Expression and activation of protein kinase C isozymes by prostaglandin F(2alpha) in the early- and mid-luteal phase bovine corpus luteum

Western blotting was used to identify the array of protein kinase C (PKC) isozymes expressed in the early (Day 4) and midcycle (Day 10) bovine corpus luteum (CL). PCKalpha, betaI, betaII, epsilon, and micro isozymes were detected in total protein samples prepared from both Day-4 and Day-10 corpora lutea. In contrast, specific antibodies for PKCgamma, eta, lambda, and theta isozymes failed to detect protein bands in the luteal samples. PKCbetaII and epsilon isozymes were expressed differentially at these two developmental stages of the bovine CL. In the Day-4 luteal samples, PKCepsilon was barely detectable; in contrast, in the Day-10 samples, the actin-corrected ratio for PKCepsilon was 1.16 +/- 0.13. This ratio was higher than the detected ratio for PKCbetaI and micro at this developmental phase of the CL (P < 0.01), but it was comparable with the ratio detected for the PCKalpha and betaII. The amount of PKCbetaII was, although not as dramatic, also greater in the Day-10 CL (actin-corrected ratio was 0.85 +/- 0.2) than in the Day-4 CL (0.35 +/- 0.09 [P < 0.01]). The actin-corrected ratios for all other PKC isozymes, alpha (Day 4 = 0.93 +/- 0.16, Day 10 = 0.97 +/- 0.09), betaI (Day 4 = 0.54 +/- 0.073, Day 10 = 0.48 +/- 0.74), and micro (Day 4 = 0.21 +/- 0.042, Day 10 = 0.21 +/- 0.38) were not different at these 2 days of the cycle. An experiment was designed to test whether activation of specific isozymes differed between CL that do or do not regress in response to PGF(2alpha). Bovine CL from Day 4 and Day 10 of the estrous cycle were collected and 1 mm CL fragments were treated in vitro for 0, 2.5, 5, 10 or 20 min with PGF(2alpha) (0.1, 1.0, and 10 nM) or minimal essential medium-Hepes vehicle. Translocation of PKC from cytoplasm to membrane fraction was used as indication of PKC activation by PGF(2alpha). Evidence for PKC activation was observed in both Day-4 and Day-10 luteal samples treated with 10 nM PGF(2alpha). Therefore, if PKC, an intracellular mediator associated with the luteal PGF(2alpha) receptor, contributes to the lesser sensitivity of the Day-4 CL, it is likely due to the differential expression of the epsilon and betaII isozymes of PKC at this stage and not due to an inability of the PGF(2alpha) receptor to activate the isozymes expressed in the early CL.     
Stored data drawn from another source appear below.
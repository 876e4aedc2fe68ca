-- ===== src/Ns/Acts.antt =====
-- What the parts of a handler of src/ns.c do to the registry.
use qrtr.Base.{
  ℕ, ◌<◌, ◌≡◌, ◌≢◌, refl, sym, ap, ◌∙◌, inl, inr, not, some, List, [], ◌∷◌, ◌++◌, ◌==◌, Bool-cases,
  Option-cases, u32_mod,
}
use qrtr.Hash.{hash_u32}
use qrtr.Map.{Map, owners}
use qrtr.Map.Iterate.{map_for_each_rule, visit_all, map_for_each-visit_all}
use qrtr.Map.Remove.{remove-Removes}
use qrtr.Packet.{Sockaddr}
use qrtr.Ns.State.{
  Server, Node, Lookup, Message, Ns, Env, Rc, ok, send_error, einval, enoent, service_announce_new,
}
use qrtr.Ns.Registry.{
  node_get, services_in, services_of, server_add, server_del, announce_next, annouce_servers,
}
use qrtr.Ns.Control.{remove_servers, remove_client_lookups, remove_lookups, is_cancelled}
use qrtr.Ns.Notices.{sending}
use qrtr.Ns.Invariant.{IsServices, IsRegistry, IsSane, AreLocal}
use qrtr.Ns.Nodes.{node_get-Gets}
use qrtr.Ns.Servers.{server_add-Adds}
use qrtr.Ns.Removals.{server_del-Deletes}

pub record Acts (ns : Ns) (node_id : ℕ) (ns' : Ns) : Type 0 where
  pub registry : IsRegistry ns'
  pub local_node : ns'.local_node ≡ ns.local_node
  pub others : (j : ℕ) → j < u32_mod → j ≢ node_id → services_of ns' j ≡ services_of ns j

pub Acts-refl : (ns : Ns) (node_id : ℕ) → IsRegistry ns → Acts ns node_id ns
Acts-refl ns node_id r = record { registry = r; local_node = refl; others = λ j h ne. refl }

pub Acts-trans :
    (ns ns₁ ns₂ : Ns) (node_id : ℕ)
    → Acts ns node_id ns₁
    → Acts ns₁ node_id ns₂
    → Acts ns node_id ns₂
Acts-trans ns ns₁ ns₂ node_id a b = record {
  registry = b.registry;
  local_node = b.local_node ∙ a.local_node;
  others = λ j h ne. b.others j h ne ∙ a.others j h ne;
}

-- Packets change nothing in the registry.
pub sending-Acts :
    (ns : Ns) (node_id : ℕ) (ms : List Message) → IsRegistry ns → Acts ns node_id (sending ns ms)
sending-Acts ns node_id ms r = record {
  registry = record {
    valid = r.valid;
    distinct = r.distinct;
    tombless = r.tombless;
    ids = r.ids;
    servers = r.servers;
    observers = r.observers;
    home = r.home;
  };
  local_node = refl;
  others = λ j h ne. refl;
}

pub lookups-Acts :
    (ns : Ns) (node_id : ℕ) (ls : List Lookup)
    → IsRegistry ns
    → AreLocal ns.local_node ls
    → Acts ns node_id (record ns { lookups = ls })
lookups-Acts ns node_id ls r h = record {
  registry = record {
    valid = r.valid;
    distinct = r.distinct;
    tombless = r.tombless;
    ids = r.ids;
    servers = r.servers;
    observers = h;
    home = r.home;
  };
  local_node = refl;
  others = λ j h ne. refl;
}

pub get-Acts :
    (env : Env) (ns : Ns) (node_id target : ℕ)
    → IsSane env
    → IsRegistry ns
    → target < u32_mod
    → Acts ns node_id (node_get env ns target).0
get-Acts env ns node_id target sane r small =
    let g = node_get-Gets env ns target r sane small in
    record { registry = g.registry; local_node = g.frame.local_node; others = λ j h ne. g.same j }

-- The table of a node that `node_get` returns is the one that the registry has for it.
pub got-services :
    (env : Env) (ns : Ns) (target : ℕ) (n : Node)
    → IsSane env
    → IsRegistry ns
    → target < u32_mod
    → (node_get env ns target).1 ≡ some n
    → n.services ≡ services_of ns target
got-services env ns target n sane r small e =
    let g = node_get-Gets env ns target r sane small in
    sym (ap services_in (g.held n e)) ∙ g.same target

pub got-IsServices :
    (env : Env) (ns : Ns) (target : ℕ) (n : Node)
    → IsSane env
    → IsRegistry ns
    → target < u32_mod
    → (node_get env ns target).1 ≡ some n
    → IsServices target n.services
got-IsServices env ns target n sane r small e =
    rw (got-services env ns target n sane r small e) (r.servers target small)

pub add-Acts :
    (env : Env) (ns : Ns) (service inst node_id port : ℕ)
    → IsSane env
    → IsRegistry ns
    → node_id < u32_mod
    → Acts ns node_id (server_add env ns service inst node_id port).0
add-Acts env ns service inst node_id port sane r small =
    let t = server_add-Adds env ns service inst node_id port sane r small in
    record { registry = t.registry; local_node = t.frame.local_node; others = t.others }

pub del-Acts :
    (env : Env) (ns : Ns) (node_id port : ℕ)
    → IsRegistry ns
    → node_id < u32_mod
    → Acts ns node_id (server_del env ns node_id port).0
del-Acts env ns node_id port r small =
    let t = server_del-Deletes env ns node_id port r small in
    record { registry = t.registry; local_node = t.local_node; others = t.others }

announce_next-Acts :
    (env : Env) (sq : Sockaddr) (srv : Server) (node_id : ℕ) (ns : Ns) (rc : Rc)
    → IsRegistry ns
    → Acts ns node_id (announce_next env sq srv (ns, rc)).0
unfolding announce_next service_announce_new
announce_next-Acts env sq srv node_id ns (ok n) r = sending-Acts ns node_id _ r
announce_next-Acts env sq srv node_id ns send_error r = Acts-refl ns node_id r
announce_next-Acts env sq srv node_id ns einval r = Acts-refl ns node_id r
announce_next-Acts env sq srv node_id ns enoent r = Acts-refl ns node_id r

announcing-Acts :
    (env : Env) (sq : Sockaddr) (node_id : ℕ) (ss : List Server) (s : Ns × Rc)
    → IsRegistry s.0
    → Acts s.0 node_id (visit_all (announce_next env sq) ss s).0
announcing-Acts env sq node_id [] s r = Acts-refl s.0 node_id r
announcing-Acts env sq node_id (srv ∷ ss) s r =
    let one = announce_next-Acts env sq srv node_id s.0 s.1 r in
    Acts-trans s.0 (announce_next env sq srv s).0 _ node_id one
      (announcing-Acts env sq node_id ss (announce_next env sq srv s) one.registry)

pub announce-Acts :
    (env : Env) (ns : Ns) (sq : Sockaddr) (node_id : ℕ)
    → IsSane env
    → IsRegistry ns
    → Acts ns node_id (annouce_servers env ns sq).0
unfolding annouce_servers
announce-Acts env ns sq node_id sane r = elim (Option-cases (node_get env ns ns.local_node).1) [
  | inl e ↦ rw (e, annouce_servers) (get-Acts env ns node_id ns.local_node sane r r.home)
  | inr (n, e) ↦
      let ns' = (node_get env ns ns.local_node).0 in
      let first = get-Acts env ns node_id ns.local_node sane r r.home in
      let good = got-IsServices env ns ns.local_node n sane r r.home e in
      rw (e, annouce_servers)
        (rw
          (map_for_each-visit_all (λ _. n.services) (announce_next env sq) (λ a s. refl) (ns', ok 0)
            good.valid.width)
          (Acts-trans ns ns' _ node_id first
            (announcing-Acts env sq node_id (owners n.services.table) (ns', ok 0) first.registry)))
]

-- The loop of `ctrl_cmd_bye` touches the one node only.
pub remove_servers-Acts :
    (env : Env) (ns : Ns) (node_id : ℕ)
    → IsRegistry ns
    → node_id < u32_mod
    → Acts ns node_id (remove_servers env ns node_id)
unfolding remove_servers
remove_servers-Acts env ns node_id r small =
    let n = (services_of ns node_id).size in
    let (acts, _) =
      map_for_each_rule (λ s. services_of s node_id)
        (λ srv s. (server_del env s node_id srv.port).0)
        (λ i s. Acts ns node_id s × ((services_of s node_id).size ≡ n)) n (λ i s (_, e). e)
        (λ i s h p _. p)
        (λ i s k srv h (a, e) there.
          let t = server_del-Deletes env s node_id srv.port a.registry small in
          let good = a.registry.servers node_id small in
          (
            Acts-trans ns s _ node_id a (del-Acts env s node_id srv.port a.registry small),
            ap (λ (m : Map Server). m.size) t.removed
                ∙ (remove-Removes (services_of s node_id) (hash_u32 srv.port) good.valid).size
                ∙ e,
          ))
        ns (Acts-refl ns node_id r, refl) in
    acts

pub client_lookups-AreLocal :
    (node_id port home : ℕ) (ls : List Lookup)
    → AreLocal home ls
    → AreLocal home (remove_client_lookups node_id port ls)
unfolding remove_client_lookups
client_lookups-AreLocal node_id port home [] h = tt
client_lookups-AreLocal node_id port home (l ∷ ls) h =
    let rest = client_lookups-AreLocal node_id port home ls h.1 in
    elim (Bool-cases (not (l.sq.node == node_id))) [
      | inl e ↦ rw e (h.0, rest)
      | inr e ↦ rw e (elim (Bool-cases (not (l.sq.port == port))) [
        | inl f ↦ rw f (h.0, rest)
        | inr f ↦ rw f rest
      ])
    ]

pub lookups-AreLocal :
    (from : Sockaddr) (service inst home : ℕ) (ls : List Lookup)
    → AreLocal home ls
    → AreLocal home (remove_lookups from service inst ls)
unfolding remove_lookups
lookups-AreLocal from service inst home [] h = tt
lookups-AreLocal from service inst home (l ∷ ls) h =
    let rest = lookups-AreLocal from service inst home ls h.1 in
    elim (Bool-cases (is_cancelled from service inst l)) [
      | inl e ↦ rw e rest
      | inr e ↦ rw e (h.0, rest)
    ]

pub append-AreLocal :
    (home : ℕ) (ls : List Lookup) (l : Lookup)
    → AreLocal home ls
    → l.sq.node ≡ home
    → AreLocal home (ls ++ l ∷ [])
append-AreLocal home [] l h e = (e, tt)
append-AreLocal home (k ∷ ls) l h e = (h.0, append-AreLocal home ls l h.1 e)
Role of intraluteal prostaglandin F(2alpha), progesterone and oxytocin in basal and pulsatile progesterone release from developing bovine corpus luteum

The present study examined the role of intra-luteal prostaglandin (PG) F(2alpha), progesterone (P4) and oxytocin (OT) on the corpus luteum function by using specific hormone antagonists. Luteal cells from the developing CL (days 5-7 of the estrous cycle) were exposed to P4 antagonist (onapristone, OP, 10(-4)M), OT antagonist (atosiban, AT; 10(-6)M) or indomethacin (INDO; 10(-4)M), for 12h and then stimulated with PGF(2alpha) (10(-8)M) for 4h. Pre-treatment of the cells with OP, AT or INDO resulted in an increase in P4 secretion in response to PGF(2alpha). To examine the temporal effects of P4, OT and PGs on P4 secretion, dispersed luteal cells were pre-exposed to OP, AT or INDO for 1, 2, 4, 6 or 12h. Prostaglandin F(2alpha) stimulated P4 secretion (P<0.05) after 2h of pre-exposition. In the microdyalisis study, the spontaneous release of P4 from developing CL tissue was of pulsatile nature with irregular peaks at 1-2h intervals. Treatment with OP increased the number of P4 peaks (P<0.05), whereas AT and INDO significantly reduced the number of P4 peaks detected (P<0.05). Interestingly, INDO completely blocked the pulsatile nature in the release of P4, but it secretion remained stable throughout the experimental period. These results demonstrate that luteal PGF(2alpha), OT, and P4 are components of an autocrine/paracrine intra-ovarian regulatory system responsible for the episodic (pulsatile) release of P4 from the bovine CL during the early luteal phase.